WHAT YOU ARE ASKED TO DO: Print the lines of the data, starting with the first, up to and including the line where "length-drop (suc n) (e" appears.

ENTRIES SUPPLIED:
-- ===== src/App/Rebuild/Pages.antt =====
-- internal/app/rebuild.go: the pages of a replay, against one pass over the records.
use keelage.Prelude.{
  ℕ, zero, suc, ◌+◌, ◌-◌, ◌<◌, ◌≤◌, ◌≡◌, refl, sym, ap, ◌∙◌, Bool, true, false, ◌&&◌, ◌⊎◌, inl, inr,
  Option, none, some, Option-cases, List, [], ◌∷◌, ◌++◌, length, length-append, is_nil, ltb, leb,
  if◌then◌else◌, arith,
}
use keelage.Core.Envelope.{Envelope}
use keelage.Ledger.Reads.{page, drop}
use keelage.App.Options.{Codec}
use keelage.App.Rebuild.{
  page_size, Replayed, Handler, project_each, go_on, replay_batch, after_batch, replay_pages,
  rebuild,
}

-- The records are numbered from `k` on without a gap.
abbrev pub SeqFrom : ℕ → List Envelope → Type 0
SeqFrom k [] = Unit
SeqFrom k (e ∷ es) = (e.seq ≡ k) × SeqFrom (suc k) es

SeqFrom-drop : (k n m : ℕ) (es : List Envelope) → k + n ≡ m → SeqFrom k es → SeqFrom m (drop n es)
unfolding drop
SeqFrom-drop k zero m es at h = let same : k ≡ m = omega arith in rw (← same) h
SeqFrom-drop k (suc n) m [] at h = tt
SeqFrom-drop k (suc n) m (e ∷ es) at (here, h) = SeqFrom-drop (suc k) n m es (omega arith) h

SeqFrom-prefix : (k : ℕ) (xs ys : List Envelope) → SeqFrom k (xs ++ ys) → SeqFrom k xs
SeqFrom-prefix k [] ys h = tt
SeqFrom-prefix k (x ∷ xs) ys (here, h) = (here, SeqFrom-prefix (suc k) xs ys h)

drop-drop : (n m k : ℕ) (es : List Envelope) → n + m ≡ k → drop m (drop n es) ≡ drop k es
unfolding drop
drop-drop zero m k es at = let same : m ≡ k = omega arith in rw same refl
drop-drop (suc n) zero k [] at = let same : suc n ≡ k = omega arith in rw (← same) refl
drop-drop (suc n) (suc m) k [] at = let same : suc (n + suc m) ≡ k = omega arith in rw (← same) refl
drop-drop (suc n) m zero (e ∷ es) at = absurd (omega arith)
drop-drop (suc n) m (suc k) (e ∷ es) at = drop-drop n m k es (omega arith)

length-drop : (n : ℕ) (es : List Envelope) → length (drop n es) ≡ length es - n
unfolding drop
length-drop zero es = omega arith
length-drop (suc n) [] = omega arith
length-drop (suc n) (e ∷ es) = omega (arith, length-drop n es)

-- A page is the first records, up to the limit.
page-drop :
    (limit count rest : ℕ) (es : List Envelope)
    → count + rest ≡ limit
    → 0 < limit
    → page limit count es ++ drop rest es ≡ es
unfolding page drop
page-drop limit count zero [] at pos = refl
page-drop limit count (suc rest) [] at pos = refl
page-drop limit count zero (e ∷ es) at pos =
    let full : (ltb 0 limit && leb limit count) ≡ true = ground arith in rw full refl
page-drop limit count (suc rest) (e ∷ es) at pos =
    let room : (ltb 0 limit && leb limit count) ≡ false = ground arith in
    rw room (ap (λ es. e ∷ es) (page-drop limit (suc count) rest es (omega arith) pos))

page-length :
    (limit count rest : ℕ) (es : List Envelope)
    → count + rest ≡ limit
    → 0 < limit
    → (length (page limit count es) ≡ rest)
      ⊎ ((length (page limit count es) < rest) × (drop rest es ≡ []))
unfolding page drop
page-length limit count zero [] at pos = inl refl
page-length limit count (suc rest) [] at pos = inr (omega arith, refl)
page-length limit count zero (e ∷ es) at pos =
    let full : (ltb 0 limit && leb limit count) ≡ true = ground arith in rw full (inl refl)
page-length limit count (suc rest) (e ∷ es) at pos =
    let room : (ltb 0 limit && leb limit count) ≡ false = ground arith in
    rw room (elim (page-length limit (suc count) rest es (omega arith) pos) [
      | inl whole ↦ inl (omega arith)
      | inr (short, gone) ↦ inr (omega arith, gone)
    ])

module _ {P E : Type 0} (codec : Codec E) (handlers : List (Handler P E)) where
  -- One batch after another is the two together, unless the first fails.
  abbrev then_batch : Replayed P → List Envelope → Replayed P
  then_batch r ys = elim r.error [
    | some problem ↦ r
    | none ↦ replay_batch codec handlers r.seq r.views ys
  ]

  replay_batch-append :
      (seq : ℕ) (views : P) (xs ys : List Envelope)
      → replay_batch codec handlers seq views (xs ++ ys)
        ≡ then_batch (replay_batch codec handlers seq views xs) ys
  unfolding replay_batch
  replay_batch-append seq views [] ys = refl
  replay_batch-append seq views (e ∷ xs) ys = elim (Option-cases (codec.decode e.kind e.v e.body)) [
    | inl bad ↦ rw (replay_batch, bad) refl
    | inr (ev, good) ↦
        rw (replay_batch, good)
          (handled (project_each handlers views e ev)
            (λ next. replay_batch-append e.seq next xs ys))
  ]
    where
      handled :
          (r : Bool × P)
          → ((next : P)
              → replay_batch codec handlers e.seq next (xs ++ ys)
                ≡ then_batch (replay_batch codec handlers e.seq next xs) ys)
          → go_on codec handlers seq e.seq r
              (λ next. replay_batch codec handlers e.seq next (xs ++ ys))
            ≡ then_batch
                (go_on codec handlers seq e.seq r
                  (λ next. replay_batch codec handlers e.seq next xs))
                ys
      handled (true, next) h = h next
      handled (false, next) h = refl

  batch_good :
      (seq : ℕ) (views : P) (e : Envelope) (es : List Envelope) (ev : E)
      → codec.decode e.kind e.v e.body ≡ some ev
      → replay_batch codec handlers seq views (e ∷ es)
        ≡ go_on codec handlers seq e.seq
            (project_each handlers views e ev)
            (λ next. replay_batch codec handlers e.seq next es)
  unfolding replay_batch
  batch_good seq views e es ev good = rw (replay_batch, good) refl

  replay_batch-seq :
      (seq : ℕ) (views : P) (es : List Envelope)
      → SeqFrom (suc seq) es
      → (replay_batch codec handlers seq views es).error ≡ none
      → (replay_batch codec handlers seq views es).seq ≡ seq + length es
  unfolding replay_batch
  replay_batch-seq seq views [] s h = omega arith
  replay_batch-seq seq views (e ∷ es) (at, s) h =
      elim (Option-cases (codec.decode e.kind e.v e.body)) [
        | inl bad ↦ absurd (ground arith)
        | inr (ev, good) ↦
            let step = batch_good seq views e es ev good in
            ap (λ r. r.seq) step
            ∙ handled (project_each handlers views e ev)
                (λ next k.
                  replay_batch-seq e.seq next es
                    (let next_at : suc (suc seq) ≡ suc e.seq = omega arith in rw (← next_at) s) k)
                (ap (λ r. r.error) (sym step) ∙ h)
      ]
    where
      handled :
          (r : Bool × P)
          → ((next : P)
              → (replay_batch codec handlers e.seq next es).error ≡ none
              → (replay_batch codec handlers e.seq next es).seq ≡ e.seq + length es)
          → (go_on codec handlers seq e.seq r
              (λ next. replay_batch codec handlers e.seq next es)).error
            ≡ none
          → (go_on codec handlers seq e.seq r
              (λ next. replay_batch codec handlers e.seq next es)).seq
            ≡ seq + length (e ∷ es)
      handled (true, next) f h = let rest = f next h in omega arith
      handled (false, next) f h = absurd (ground arith)

  complete :
      (r : Replayed P) → r.error ≡ none → r ≡ record { seq = r.seq; error = none; views = r.views }
  complete r h = ap (λ e. record { seq = r.seq; error = e; views = r.views }) h

  -- One round of the pages, over a batch and the records that are left after it.
  round :
      (seq : ℕ) (views : P) (batch rest : List Envelope) (again : ℕ → P → Replayed P)
      → (length batch ≡ page_size) ⊎ ((length batch < page_size) × (rest ≡ []))
      → ((replay_batch codec handlers seq views batch).error ≡ none
          → length batch ≡ page_size
          → again
              (replay_batch codec handlers seq views batch).seq
              (replay_batch codec handlers seq views batch).views
            ≡ replay_batch codec handlers
                (replay_batch codec handlers seq views batch).seq
                (replay_batch codec handlers seq views batch).views
                rest)
      → (if is_nil batch
          then record { seq = seq; error = none; views = views }
          else after_batch codec handlers batch (replay_batch codec handlers seq views batch) again)
        ≡ then_batch (replay_batch codec handlers seq views batch) rest
  unfolding replay_batch
  round seq views [] rest again (inl full) f = absurd (omega arith)
  round seq views [] rest again (inr (short, gone)) f = rw gone refl
  round seq views (e ∷ es) rest again size f =
      let r = replay_batch codec handlers seq views (e ∷ es) in
      elim (Option-cases r.error) [
        | inr (problem, h) ↦ rw (after_batch, then_batch, h) refl
        | inl h ↦
            rw (after_batch, then_batch, h)
              (elim size [
                | inl full ↦
                    let no : ltb (length (e ∷ es)) page_size ≡ false = ground arith in
                    rw no (f h full)
                | inr (short, gone) ↦
                    let yes_short : ltb (length (e ∷ es)) page_size ≡ true = ground arith in
                    rw (yes_short, gone) (complete r h)
              ])
      ]

  -- `ReadAll` gives the page of the records that the ledger holds.
  abbrev pub ReadsPages : (ℕ → ℕ → Option (List Envelope)) → List Envelope → Type 0
  ReadsPages read_all all =
      (seq : ℕ) → read_all (seq + 1) page_size ≡ some (page page_size 0 (drop seq all))

  module _ (read_all : ℕ → ℕ → Option (List Envelope)) (all : List Envelope)
      (reads : ReadsPages read_all all) (s : SeqFrom 1 all) where
    batch_numbered : (seq : ℕ) → SeqFrom (suc seq) (page page_size 0 (drop seq all))
    batch_numbered seq =
        SeqFrom-prefix (suc seq) (page page_size 0 (drop seq all)) (drop page_size (drop seq all)) (
          rw (page-drop page_size 0 page_size (drop seq all) refl (omega arith))
            (SeqFrom-drop 1 seq (suc seq) all (omega arith) s))

    batch_fits : (seq : ℕ) → length (page page_size 0 (drop seq all)) ≤ length all - seq
    batch_fits seq =
        let parts = ap length (page-drop page_size 0 page_size (drop seq all) refl (omega arith)) in
        let joined =
          length-append (page page_size 0 (drop seq all)) (drop page_size (drop seq all)) in
        let left = length-drop seq all in omega arith

    -- From `seq` on, the pages give what one pass over the records gives.
    replay_pages-batch :
        (fuel seq : ℕ) (views : P)
        → seq ≤ length all
        → length all < seq + fuel
        → replay_pages codec handlers read_all fuel seq views
          ≡ replay_batch codec handlers seq views (drop seq all)
    unfolding replay_pages
    replay_pages-batch zero seq views low enough = absurd (omega arith)
    replay_pages-batch (suc fuel) seq views low enough =
        let batch = page page_size 0 (drop seq all) in
        let rest = drop page_size (drop seq all) in
        let whole = page-drop page_size 0 page_size (drop seq all) refl (omega arith) in
        let size = page-length page_size 0 page_size (drop seq all) refl (omega arith) in
        let fits = batch_fits seq in
        let r = replay_batch codec handlers seq views batch in
        rw (replay_pages, reads seq)
          (round seq views batch rest (replay_pages codec handlers read_all fuel) size (λ h full.
            let at = replay_batch-seq seq views batch (batch_numbered seq) h in
            let left : drop page_size (drop seq all) ≡ drop r.seq all =
              drop-drop seq page_size r.seq all (omega arith) in
            replay_pages-batch fuel r.seq r.views (omega arith) (omega arith)
            ∙ ap (replay_batch codec handlers r.seq r.views) (sym left)))
        ∙ sym (replay_batch-append seq views batch rest)
        ∙ ap (replay_batch codec handlers seq views) whole

    -- Where ReadAll gives the pages of records that are numbered from 1 without a gap, Rebuild ends
    -- within one round more than there are records, with what one pass over all of them gives.
    pub rebuild-batch :
        (fuel : ℕ) (views : P)
        → length all < fuel
        → rebuild codec handlers read_all fuel views ≡ replay_batch codec handlers 0 views all
    unfolding rebuild drop
    rebuild-batch fuel views enough = replay_pages-batch fuel 0 views (omega arith) (omega arith)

YOUR RESPONSE:
-- ===== src/App/Rebuild/Pages.antt =====
-- internal/app/rebuild.go: the pages of a replay, against one pass over the records.
use keelage.Prelude.{
  ℕ, zero, suc, ◌+◌, ◌-◌, ◌<◌, ◌≤◌, ◌≡◌, refl, sym, ap, ◌∙◌, Bool, true, false, ◌&&◌, ◌⊎◌, inl, inr,
  Option, none, some, Option-cases, List, [], ◌∷◌, ◌++◌, length, length-append, is_nil, ltb, leb,
  if◌then◌else◌, arith,
}
use keelage.Core.Envelope.{Envelope}
use keelage.Ledger.Reads.{page, drop}
use keelage.App.Options.{Codec}
use keelage.App.Rebuild.{
  page_size, Replayed, Handler, project_each, go_on, replay_batch, after_batch, replay_pages,
  rebuild,
}

-- The records are numbered from `k` on without a gap.
abbrev pub SeqFrom : ℕ → List Envelope → Type 0
SeqFrom k [] = Unit
SeqFrom k (e ∷ es) = (e.seq ≡ k) × SeqFrom (suc k) es

SeqFrom-drop : (k n m : ℕ) (es : List Envelope) → k + n ≡ m → SeqFrom k es → SeqFrom m (drop n es)
unfolding drop
SeqFrom-drop k zero m es at h = let same : k ≡ m = omega arith in rw (← same) h
SeqFrom-drop k (suc n) m [] at h = tt
SeqFrom-drop k (suc n) m (e ∷ es) at (here, h) = SeqFrom-drop (suc k) n m es (omega arith) h

SeqFrom-prefix : (k : ℕ) (xs ys : List Envelope) → SeqFrom k (xs ++ ys) → SeqFrom k xs
SeqFrom-prefix k [] ys h = tt
SeqFrom-prefix k (x ∷ xs) ys (here, h) = (here, SeqFrom-prefix (suc k) xs ys h)

drop-drop : (n m k : ℕ) (es : List Envelope) → n + m ≡ k → drop m (drop n es) ≡ drop k es
unfolding drop
drop-drop zero m k es at = let same : m ≡ k = omega arith in rw same refl
drop-drop (suc n) zero k [] at = let same : suc n ≡ k = omega arith in rw (← same) refl
drop-drop (suc n) (suc m) k [] at = let same : suc (n + suc m) ≡ k = omega arith in rw (← same) refl
drop-drop (suc n) m zero (e ∷ es) at = absurd (omega arith)
drop-drop (suc n) m (suc k) (e ∷ es) at = drop-drop n m k es (omega arith)

length-drop : (n : ℕ) (es : List Envelope) → length (drop n es) ≡ length es - n
unfolding drop
length-drop zero es = omega arith
length-drop (suc n) [] = omega arith
length-drop (suc n) (e ∷ es) = omega (arith, length-drop n es)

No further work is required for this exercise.